> [What is required]: Write each line again exactly as it is, from the opening line of the records below through the one containing "eve_stored = join_category", and add nothing.

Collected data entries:
━━━━━━━━━━━━━━━━━━━━━━━━━━━━━━

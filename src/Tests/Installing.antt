-- ===== src/Tests/Installing.antt =====
-- The first user of a new installation.
use hi_mqtt.Prelude.{
  ◌≡◌, refl, true, none, some, [], ◌∷◌, codes, text_eq, find, update_where, replace, starts_with,
  strip_suffix, All, split_on,
}
use hi_mqtt.Prelude.Exec.{ok}
use hi_mqtt.Acl.Matcher.{publish_allowed, registered_covers}
use hi_mqtt.Db.Schema.{
  AdminUserRow, DefaultAclTemplate, DefaultTopicTemplate, MqttUserRow, has_user, has_category,
}
use hi_mqtt.Db.Query.{run, deliver}
use hi_mqtt.Db.Users as Store
use hi_mqtt.Db.Users.{insert_user, join_category, new_user, select_users}
use hi_mqtt.Db.Topics.{select_topics, list_mqtt_topics}
use hi_mqtt.Db.Acls.{select_acls, list_topic_acls}
use hi_mqtt.Db.Defaults.{
  apply_user_defaults, apply_topics, apply_acls, upsert_topic, upsert_acl, get_user_defaults,
  select_defaults, render_template,
}
use hi_mqtt.Db.Migrations.{created_tables, first_defaults, insert_first_defaults, migrated}
use hi_mqtt.Acl.Levels.{level_match, fits}
use hi_mqtt.Acl.Cache.{publish, empty_cache, check_acl, rule_allows, allowed_topic}
use hi_mqtt.Acl.Service.{reload, on_pool}
use hi_mqtt.Admin.Server.{AppState, Env, created, query, on_acl, refresh}
use hi_mqtt.Admin.Users.{CreateMqttUserRequest, create_mqtt_user, hash_password, give_defaults}
use hi_mqtt.Admin.Provisioning.Effect.{create_mqtt_user-provisions}
use hi_mqtt.Admin.Provisioning.First.{first_user_may}
use hi_mqtt.Tests.Sample.{env, enforcing}

abbrev reading : Env
reading = record env {
  serde = record { to_value = λ d. none; from_value = λ value. some first_defaults };
}

-- The account that the start sees to.
abbrev root : AdminUserRow
root = record { id = 1; username = codes "root"; password_hash = codes "$2b$pw"; created_at = 0 }

abbrev installed : AppState
installed = record {
  acl = record {
    database = record {
      tables = record (migrated [] 0) { admin_users = root ∷ [] };
      statements = 0;
    };
    cache = empty_cache;
    draws = 0;
  };
  sessions = [];
  monitor = none;
}

abbrev eve : CreateMqttUserRequest
eve = record {
  username = codes "eve";
  password = codes "s3";
  enabled = true;
  category_id = none;
  apply_defaults = true;
}

abbrev eve_stored : MqttUserRow
eve_stored = join_category [] (new_user 1 (codes "eve") (codes "$2b$s3") true none 0)

eve_is_created : (create_mqtt_user reading eve installed).0 ≡ ok (created, eve_stored)
unfolding create_mqtt_user Store.create_mqtt_user hash_password give_defaults query on_acl on_pool
    run deliver insert_user refresh reload Store.list_mqtt_users list_mqtt_topics list_topic_acls
    select_users select_topics select_acls text_eq has_category has_user get_user_defaults
    select_defaults apply_user_defaults apply_topics apply_acls upsert_topic upsert_acl find
    update_where migrated created_tables insert_first_defaults first_defaults render_template
    replace starts_with join_category
eve_is_created = refl

eve_may :
    All
      (λ (t : DefaultTopicTemplate).
        check_acl level_match enforcing
          (create_mqtt_user reading eve installed).1.acl.cache
          (codes "eve")
          (render_template t.topic (codes "eve"))
          publish
        ≡ true)
      first_defaults.default_topics
unfolding first_defaults render_template replace starts_with split_on fits level_match text_eq
eve_may =
    first_user_may reading eve installed eve_stored level_match enforcing publish [] 0 refl refl
      eve_is_created refl refl (refl, (refl, tt))

abbrev own_devices : DefaultAclTemplate
own_devices = record {
  topic_pattern = codes "devices/{username}/#";
  can_subscribe = true;
  can_publish = true;
}

eve_is_provided :
    check_acl level_match enforcing
      (create_mqtt_user reading eve installed).1.acl.cache
      (codes "eve")
      (codes "devices/eve/cmd")
      publish
    ≡ true
unfolding migrated created_tables insert_first_defaults first_defaults render_template replace
    starts_with split_on fits level_match text_eq find rule_allows publish_allowed allowed_topic
    registered_covers strip_suffix
eve_is_provided =
    create_mqtt_user-provisions reading eve installed eve_stored level_match enforcing
      (codes "devices/eve/cmd") publish first_defaults (codes "devices/eve/#") own_devices
      eve_is_created refl refl refl refl refl refl
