-- ===== src/Tests/Lasting.antt =====
-- Logins and logouts of the sample server with a generator that counts.
use hi_mqtt.Prelude.{
  ◌≡◌, refl, ap, ℕ, Option, none, some, Text, List, [], ◌∷◌, codes, text_eq, find, lookup, insert,
}
use hi_mqtt.Db.Query.{run, deliver}
use hi_mqtt.Db.Admins.{get_admin_user, select_admin}
use hi_mqtt.Acl.Service.{on_pool, verifies}
use hi_mqtt.Admin.Server.{AppState, Env, query}
use hi_mqtt.Admin.Auth.{Head, validate, create_session}
use hi_mqtt.Admin.Login.{LoginRequest, login, admit, open_session}
use hi_mqtt.Admin.Login.Sessions.{bearing, bearer_token-bearing}
use hi_mqtt.Admin.Router.{post_login, post_logout, serve, dispatch}
use hi_mqtt.Program.{request, Reach, here, next}
use hi_mqtt.Program.Tokens.Final.{IsUnrepeated, Reach-logged_out, Reach-login_apart}
use hi_mqtt.Tests.Sample.{env, server}

abbrev counting : Env
counting = record env { new_v4 = λ n. n ∷ [] }

first_of : List ℕ → ℕ
first_of [] = 0
first_of (n ∷ rest) = n

counting-IsUnrepeated : IsUnrepeated counting
unfolding first_of
counting-IsUnrepeated = record { same = λ m n e. ap first_of e }

abbrev no_parse : Text → Option Text
no_parse peer = none

abbrev nobody : Head
nobody = record { authorization = none; uri_query = none }

abbrev body : LoginRequest
body = record { username = codes "root"; password = codes "pw" }

abbrev logged_in : AppState
logged_in = (serve tt counting 9 nobody (post_login body) server).1

abbrev token : Text
token = 0 ∷ []

one_login : Reach counting no_parse server logged_in
one_login = next here (request server tt 9 nobody (post_login body))

abbrev logged_out : AppState
logged_out = (serve tt counting 9 (bearing token) post_logout logged_in).1

abbrev again : AppState
again = (serve tt counting 9 nobody (post_login body) logged_out).1

logged_out_for_good : validate token again.sessions ≡ none
unfolding serve dispatch login admit open_session create_session validate query on_pool run deliver
    get_admin_user select_admin verifies find lookup insert text_eq
logged_out_for_good =
    Reach-logged_out counting no_parse tt 9 (bearing token) token (codes "root")
      counting-IsUnrepeated refl one_login refl (bearer_token-bearing token)
      (next here (request logged_out tt 9 nobody (post_login body)))

second_login_is_apart :
    (validate (1 ∷ []) logged_in.sessions ≡ none)
    × ((j name : Text)
        → validate j logged_in.sessions ≡ some name
        → validate j (login counting body logged_in).1.sessions ≡ some name)
unfolding serve dispatch login admit open_session create_session validate query on_pool run deliver
    get_admin_user select_admin verifies find lookup insert text_eq
second_login_is_apart =
    Reach-login_apart counting no_parse body (record { token = 1 ∷ []; username = codes "root" })
      counting-IsUnrepeated refl one_login refl
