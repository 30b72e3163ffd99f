-- ===== src/Tests/Starting.antt =====
-- The start of src/main.rs on the sample server.
use hi_mqtt.Prelude.{◌≡◌, refl, true, false, none, some, Option, Text, [], ◌∷◌, codes}
use hi_mqtt.Prelude.Exec.{ok}
use hi_mqtt.Db.Query.{run, deliver}
use hi_mqtt.Db.Users.{list_mqtt_users, select_users}
use hi_mqtt.Db.Topics.{list_mqtt_topics, select_topics}
use hi_mqtt.Db.Acls.{list_topic_acls, select_acls}
use hi_mqtt.Db.Admins.{count_admins, count_rows}
use hi_mqtt.Acl.Levels.{level_match}
use hi_mqtt.Acl.Cache.{check_acl}
use hi_mqtt.Acl.Service.{AclService, on_pool, reload, ensure_seed_data}
use hi_mqtt.Startup.{
  AppSettings, AclTable, Config, acl_settings, from_settings, install_auth_handlers, prepare,
  start_acl,
}
use hi_mqtt.Hooks.Login.{LetsIn, start_acl-LetsIn}
use hi_mqtt.Prelude.{All}
use hi_mqtt.Startup.Guard.{listed}
use hi_mqtt.Tests.Sample.{link, bcrypt, service, database}

abbrev pub parse : Text → Option Text
parse peer = none

abbrev pub empty_table : AclTable
empty_table = record { enabled = none; enforce_registered_topics = none; cache_refresh_secs = none }

missing_table_disables : (acl_settings none).enabled ≡ false
unfolding acl_settings
missing_table_disables = refl

empty_table_enables : (acl_settings (some empty_table)).enabled ≡ true
unfolding acl_settings
empty_table_enables = refl

abbrev pub settings : AppSettings
settings = record {
  database = some (record { url = []; max_connections = 5 });
  acl = acl_settings (some empty_table);
  default_password = codes "pw";
  max_messages = 100;
}

abbrev listeners : Config
listeners = record {
  v4 = some ((codes "1", record { tls = none; auth_handler = none }) ∷ []);
  v5 = none;
  ws = some ((codes "2", record { tls = some false; auth_handler = none }) ∷ []);
  acl_handler = none;
}

abbrev running : Option AclService × Config
running = (
  some (prepare link bcrypt parse (codes "pw") service).1,
  record (install_auth_handlers link bcrypt parse listeners) {
    acl_handler = some (λ s. check_acl level_match (from_settings settings.acl) s.cache);
  },
)

listeners_ask_the_service :
    All (LetsIn link bcrypt parse) (listed running.1.v4)
    × All (LetsIn link bcrypt parse) (listed running.1.v5)
    × All (LetsIn link bcrypt parse) (listed running.1.ws)
unfolding start_acl acl_settings prepare reload ensure_seed_data on_pool run deliver list_mqtt_users
    list_mqtt_topics list_topic_acls select_users select_topics select_acls count_admins count_rows
listeners_ask_the_service =
    start_acl-LetsIn link bcrypt parse level_match settings listeners (ok database) running refl
      refl
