-- ===== src/Tests/Launching.antt =====
-- `main` of src/main.rs on the sample server.
use hi_mqtt.Prelude.{
  ◌≡◌, refl, ap, sym, Option, true, false, not, none, some, is_some, Text, [], ◌∷◌, codes,
}
use hi_mqtt.Prelude.Exec.{ok}
use hi_mqtt.Db.Query.{run, deliver}
use hi_mqtt.Db.Users.{list_mqtt_users, select_users}
use hi_mqtt.Db.Topics.{list_mqtt_topics, select_topics}
use hi_mqtt.Db.Acls.{list_topic_acls, select_acls}
use hi_mqtt.Db.Admins.{count_admins, count_rows}
use hi_mqtt.Acl.Levels.{level_match}
use hi_mqtt.Acl.Cache.{check_acl}
use hi_mqtt.Acl.Service.{on_pool, reload, ensure_seed_data}
use hi_mqtt.Startup.{
  AclTable, AppSettings, Config, acl_settings, from_settings, install_auth_handlers, prepare,
  start_acl, validate_config, validate_servers,
}
use hi_mqtt.Startup.Main.{
  Cli, World, Running, log_level, config_path, load_config, start_monitor, launch, start, main,
}
use hi_mqtt.Startup.Main.Missing.{main-without_acl_table}
use hi_mqtt.Startup.Main.Guard.{IsAsAsked, main-IsAsAsked}
use hi_mqtt.Acl.Interleaving.{Shared, proceed, users_read, unshared}
use hi_mqtt.Acl.Service.Reload.{user_rows}
use hi_mqtt.Db.Users.{remove_user}
use hi_mqtt.Acl.Service.{AclService}
use hi_mqtt.Admin.Server.{AppState}
use hi_mqtt.Admin.Server.Laws.{tables_of}
use hi_mqtt.Program.Start.{started}
use hi_mqtt.Tests.Sample.{link, bcrypt, service, database}
use hi_mqtt.Tests.Starting.{parse, empty_table}
use hi_mqtt.Startup.Settings.{AppTables, app_settings, admin_config, monitor_config}

abbrev tables : AppTables
tables = record {
  monitor = none;
  database = some (record { url = []; max_connections = none });
  acl = some empty_table;
  admin = none;
}

abbrev settings : AppSettings
settings = app_settings tables

abbrev configs : Config
configs = record {
  v4 = some ((codes "1", record { tls = some true; auth_handler = none }) ∷ []);
  v5 = none;
  ws = none;
  acl_handler = none;
}

-- A machine without a file of settings, on which everything else is there.
abbrev machine : World (Unit {0})
machine = record {
  exists = λ path. false;
  is_utf8 = λ path. true;
  build_settings = λ source. some tt;
  build_configs = λ source. some tt;
  tables_of = λ raw. some tables;
  configs_of = λ raw. some configs;
  runtime = true;
  reached = ok database;
  meters = true;
  link = true;
  subscribe = true;
  broker_thread = true;
}

abbrev cli : Cli
cli = record {
  config = codes "config/himqtt.toml";
  verbose = 0;
  no_monitor = true;
  no_admin = false;
  generate_config = false;
}

abbrev program : Running
program = record {
  level = log_level 0;
  service = some (prepare link bcrypt parse (codes "admin123") service).1;
  configs = record (install_auth_handlers link bcrypt parse configs) {
    acl_handler = some (λ s. check_acl level_match (from_settings settings.acl) s.cache);
  };
  monitor = none;
  refreshes = true;
  serves = true;
}

main-IsAsAsked_example :
    (path : Text) × (c : Config) × (st : AppSettings) × (config_path machine cli.config ≡ ok path)
    × (load_config machine path ≡ ok (c, st))
    × (validate_config c ≡ ok tt)
    × (is_some program.monitor ≡ not cli.no_monitor)
    × IsAsAsked machine link bcrypt parse level_match cli st c program
unfolding main log_level app_settings admin_config monitor_config config_path load_config start
    start_monitor launch validate_config validate_servers start_acl acl_settings prepare reload
    ensure_seed_data on_pool run deliver list_mqtt_users list_mqtt_topics list_topic_acls
    select_users select_topics select_acls count_admins count_rows
main-IsAsAsked_example = main-IsAsAsked machine link bcrypt parse level_match cli program refl

-- The same machine with a configuration that does not name the access control.
abbrev bare_machine : World (Unit {0})
bare_machine = record machine { tables_of = λ raw. some (record tables { acl = none }) }

abbrev bare_program : Running
bare_program = record {
  level = log_level 0;
  service = none;
  configs = configs;
  monitor = none;
  refreshes = false;
  serves = false;
}

abbrev acl_of : Option AppTables → Option AclTable
acl_of none = none
acl_of (some t) = t.acl

bare_program_is_open :
    (path : Text) × (st : AppSettings) × (load_config bare_machine path
      ≡ ok (bare_program.configs, st))
    × (bare_program.service ≡ none)
    × (bare_program.refreshes ≡ false)
    × (bare_program.serves ≡ false)
unfolding main log_level app_settings admin_config monitor_config config_path load_config start
    start_monitor launch validate_config validate_servers start_acl acl_settings
bare_program_is_open =
    main-without_acl_table bare_machine link bcrypt parse level_match cli bare_program
      (λ raw t e. ap acl_of (sym e)) refl

-- The service of that program, and the state after a round of its refresh task.
abbrev begun : AclService
begun = (prepare link bcrypt parse (codes "admin123") service).1

abbrev refreshed : AppState
refreshed = record (started begun none) { acl = (reload link begun).1 }

-- A reload has read the users when another task deletes one.
abbrev users_known : Shared
users_known = proceed (unshared begun) 1 (users_read (user_rows begun.database.tables))

abbrev reading : Shared
reading = record users_known { tables = (remove_user 1 9 begun.database.tables).1 }
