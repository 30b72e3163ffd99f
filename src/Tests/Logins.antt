-- ===== src/Tests/Logins.antt =====
-- The sessions of src/admin on the sample server.
use hi_mqtt.Prelude.{◌≡◌, refl, none, some, true, codes, Text, text_eq, find, if◌then◌else◌}
use hi_mqtt.Prelude.Exec.{ok, err, pure}
use hi_mqtt.Db.Schema.{AdminUserRow}
use hi_mqtt.Db.Query.{run, deliver}
use hi_mqtt.Db.Admins.{get_admin_user, select_admin}
use hi_mqtt.Acl.Service.{on_pool, verifies}
use hi_mqtt.Admin.Server.{Handler, no_content, unauthorized, query, on_acl}
use hi_mqtt.Admin.Server.Laws.{tables_of}
use hi_mqtt.Admin.Auth.{Head, bearer_token, validate}
use hi_mqtt.Admin.Login.{LoginRequest, LoginResponse, login}
use hi_mqtt.Admin.Login.Sessions.{login_sound}
use hi_mqtt.Admin.Auth.{request_token, token_from_query, find_token, create_session}
use hi_mqtt.Admin.Router.{
  Reply, delete_user, post_login, post_logout, static_files, serve, dispatch,
}
use hi_mqtt.Admin.Router.Sessions.{IsAccounted, serve-logout, serve-unauthorized, serve-IsAccounted}
use hi_mqtt.Prelude.{is_some, ◌⊎◌, split_on, split_once, lookup, insert, find}
use hi_mqtt.Tests.Sample.{env, server}

abbrev stay : Handler (Unit {0})
stay = pure tt

abbrev body : LoginRequest
body = record { username = codes "root"; password = codes "pw" }

abbrev reply : LoginResponse
reply = record { token = codes "t1"; username = codes "root" }

root_logs_in : (login env body server).0 ≡ ok reply
unfolding login get_admin_user select_admin query on_acl on_pool run deliver verifies text_eq find
root_logs_in = refl

root_login_is_sound :
    (user : AdminUserRow) × (find
        (λ a. text_eq a.username (codes "root"))
        (tables_of server).admin_users
      ≡ some user)
    × (verifies env.link env.bcrypt (codes "pw") user.password_hash ≡ true)
    × (codes "root" ≡ user.username)
    × ((j : Text)
        → validate j (login env body server).1.sessions
          ≡ (if text_eq (codes "t1") j then some (codes "root") else validate j server.sessions))
root_login_is_sound = login_sound env body server reply root_logs_in

abbrev by_query : Head
by_query = record { authorization = none; uri_query = some (codes "token=t1") }

query_token_survives :
    ((serve tt env 0 by_query post_logout (login env body server).1).0 ≡ ok (Reply.done no_content))
    × (validate
          (codes "t1")
          (serve tt env 0 by_query post_logout (login env body server).1).1.sessions
        ≡ (if is_some (bearer_token by_query) then none else some (codes "root")))
unfolding request_token bearer_token token_from_query find_token split_on split_once text_eq login
    get_admin_user select_admin query on_acl on_pool run deliver verifies find validate lookup
    create_session insert
query_token_survives =
    serve-logout {S = Unit {0}} tt env 0 by_query (codes "t1") (codes "root")
      (login env body server).1 refl refl

stranger_changes_nothing :
    ((serve tt env 0 by_query (delete_user 1) server).1 ≡ server)
    × (((serve tt env 0 by_query (delete_user 1) server).0 ≡ err unauthorized)
        ⊎ (((serve tt env 0 by_query (delete_user 1) server).0 ≡ ok static_files)
            × (server.monitor ≡ none)))
unfolding request_token bearer_token token_from_query find_token split_on split_once text_eq
    validate lookup
stranger_changes_nothing =
    serve-unauthorized {S = Unit {0}} tt env 0 by_query (delete_user 1) server refl refl

session_comes_from_login :
    IsAccounted {S = Unit {0}} tt env 0 by_query (post_login body) server (codes "t1")
unfolding serve dispatch login get_admin_user select_admin query on_acl on_pool run deliver verifies
    text_eq find validate lookup create_session insert
session_comes_from_login =
    serve-IsAccounted {S = Unit {0}} tt env 0 by_query (post_login body) server (codes "t1") refl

━━━━━━━━━━━━━━━━━━━━━━━━━━━━━━

> [Exercise result]:
filename src/Tests/Installing.antt
-- ===== src/Tests/Installing.antt =====
-- The first user of a new installation.
use hi_mqtt.Prelude.{
  ◌≡◌, refl, true, none, some, [], ◌∷◌, codes, text_eq, find, update_where, replace, starts_with,
  strip_suffix, All, split_on,
}
use hi_mqtt.Prelude.Exec.{ok}
use hi_mqtt.Acl.Matcher.{publish_allowed, registered_covers}
use hi_mqtt.Db.Schema.{
  AdminUserRow, DefaultAclTemplate, DefaultTopicTemplate, MqttUserRow, has_user, has_category,
}
use hi_mqtt.Db.Query.{run, deliver}
use hi_mqtt.Db.Users as Store
use hi_mqtt.Db.Users.{insert_user, join_category, new_user, select_users}
use hi_mqtt.Db.Topics.{select_topics, list_mqtt_topics}
use hi_mqtt.Db.Acls.{select_acls, list_topic_acls}
use hi_mqtt.Db.Defaults.{
  apply_user_defaults, apply_topics, apply_acls, upsert_topic, upsert_acl, get_user_defaults,
  select_defaults, render_template,
}
use hi_mqtt.Db.Migrations.{created_tables, first_defaults, insert_first_defaults, migrated}
use hi_mqtt.Acl.Levels.{level_match, fits}
use hi_mqtt.Acl.Cache.{publish, empty_cache, check_acl, rule_allows, allowed_topic}
use hi_mqtt.Acl.Service.{reload, on_pool}
use hi_mqtt.Admin.Server.{AppState, Env, created, query, on_acl, refresh}
use hi_mqtt.Admin.Users.{CreateMqttUserRequest, create_mqtt_user, hash_password, give_defaults}
use hi_mqtt.Admin.Provisioning.Effect.{create_mqtt_user-provisions}
use hi_mqtt.Admin.Provisioning.First.{first_user_may}
use hi_mqtt.Tests.Sample.{env, enforcing}

abbrev reading : Env
reading = record env {
  serde = record { to_value = λ d. none; from_value = λ value. some first_defaults };
}

-- The account that the start sees to.
abbrev root : AdminUserRow
root = record { id = 1; username = codes "root"; password_hash = codes "$2b$pw"; created_at = 0 }

abbrev installed : AppState
installed = record {
  acl = record {
    database = record {
      tables = record (migrated [] 0) { admin_users = root ∷ [] };
      statements = 0;
    };
    cache = empty_cache;
    draws = 0;
  };
  sessions = [];
  monitor = none;
}

abbrev eve : CreateMqttUserRequest
eve = record {
  username = codes "eve";
  password = codes "s3";
  enabled = true;
  category_id = none;
  apply_defaults = true;
}

abbrev eve_stored : MqttUserRow
eve_stored = join_category [] (new_user 1 (codes "eve") (codes "$2b$s3") true none 0)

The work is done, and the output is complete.